In [1]:
import numpy as np
import matplotlib.pyplot as plt
import torch
import torch.nn.functional as F
import torch.utils.data as data_utils
import torchvision

from datetime import datetime
from torch import nn
from torch.autograd import Variable

#### Define constants and dataset
- TODO All these definitions should be done using CL args
- Set important constant such as CUDA use and batch size

In [2]:
device = torch.device("cuda:0" if torch.cuda.is_available() else "cpu")
epochs = 5
batch_size = 32
validation_split = 0.2
dataset = torchvision.datasets.MNIST

#### Create DataSet and DataLoader objects

In [3]:
# Only data augmentation for CapsNet is translation of up to 2px
# As described in Section 5.
data_transforms = {
    'train': torchvision.transforms.Compose([
        torchvision.transforms.RandomAffine(0, (0.08, 0.08)),
        torchvision.transforms.ToTensor(),
    ]),
    'test': torchvision.transforms.Compose([
        torchvision.transforms.ToTensor()
    ])
}

In [4]:
train_data = dataset('/datasets', train=True, download=False, transform=data_transforms['train'])
test_data = dataset('/datasets', train=False, download=False, transform=data_transforms['test'])

In [5]:
train_samples = len(train_data)
split_idx = int(validation_split * train_samples)
indices = np.arange(train_samples)
np.random.shuffle(indices)

train_idx, val_idx = indices[split_idx:], indices[:split_idx]

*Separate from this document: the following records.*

-- ===== src/Builder/Unloaded.antt =====
-- What unloading does.
use solana_indexer_plugin.Base.{ℕ, List, [], ◌∷◌, ◌++◌, ◌≡◌, ◌⊎◌}
use solana_indexer_plugin.Errors.{Exit, ok, panic}
use solana_indexer_plugin.ParallelClient.{ParallelClient, Thread, panicked}

-- No thread of the handles ends by a panic.
abbrev pub NonePanics : (ℕ → Thread) → List ℕ → Type 0
NonePanics ends [] = Unit
NonePanics ends (i ∷ workers) = ((ends i ≡ panicked) → ⊥) × NonePanics ends workers

-- The handles of `workers` are `calm` ones, whose threads do not panic, then that of a thread that
-- panics, then `left`.
abbrev pub PanicsAt : (ℕ → Thread) → List ℕ → List ℕ → ℕ → List ℕ → Type 0
PanicsAt ends workers calm i left =
    (workers ≡ calm ++ (i ∷ left)) × NonePanics ends calm × (ends i ≡ panicked)

-- Either no thread panics and all handles are joined, or the join panics at the first that does.
abbrev Joins : (ℕ → Thread) → List ℕ → Exit (Unit {0}) × List ℕ → Type 0
Joins ends workers r =
    (NonePanics ends workers × (r ≡ (ok tt, [])))
    ⊎ ((calm : List ℕ) × (i : ℕ) × (left : List ℕ) × PanicsAt ends workers calm i left
        × (r ≡ (panic, left)))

train_sampler = data_utils.sampler.SubsetRandomSampler(train_idx)
val_sampler = data_utils.sampler.SubsetRandomSampler(val_idx)

In [6]:
train_loader = data_utils.DataLoader(train_data, batch_size=batch_size, num_workers=4, sampler=train_sampler)
val_loader  = data_utils.DataLoader(train_data, batch_size=batch_size, num_workers=4, sampler=val_sampler)
test_loader = data_utils.DataLoader(test_data, batch_size=batch_size, num_workers=4)

### TODO List
- TEST routing algorithm
- TEST capsule layer architecture
- TEST capsule network architecture
- TEST Squash function

In [7]:
def squash(tensor):
    '''
    TODO test
    Squash function, defined in [1]. Works as a nonlinearity for CapsNets.
    Input tensor will be of format (bs, units, C, H, W) or (bs, units, C)
    Norm should be computed on the axis representing the number of units.
    params:
        tensor:    torch Variable containing n-dimensional tensor
    output:
        (||tensor||^2 / (1+ ||tensor||^2)) * tensor/||tensor||
    '''
    norm = torch.norm(tensor, p=2, dim=1, keepdim=True)
    sq_norm = norm ** 2 # Avoid computing square twice
        
    return tensor.div(norm) * sq_norm/(1 + sq_norm)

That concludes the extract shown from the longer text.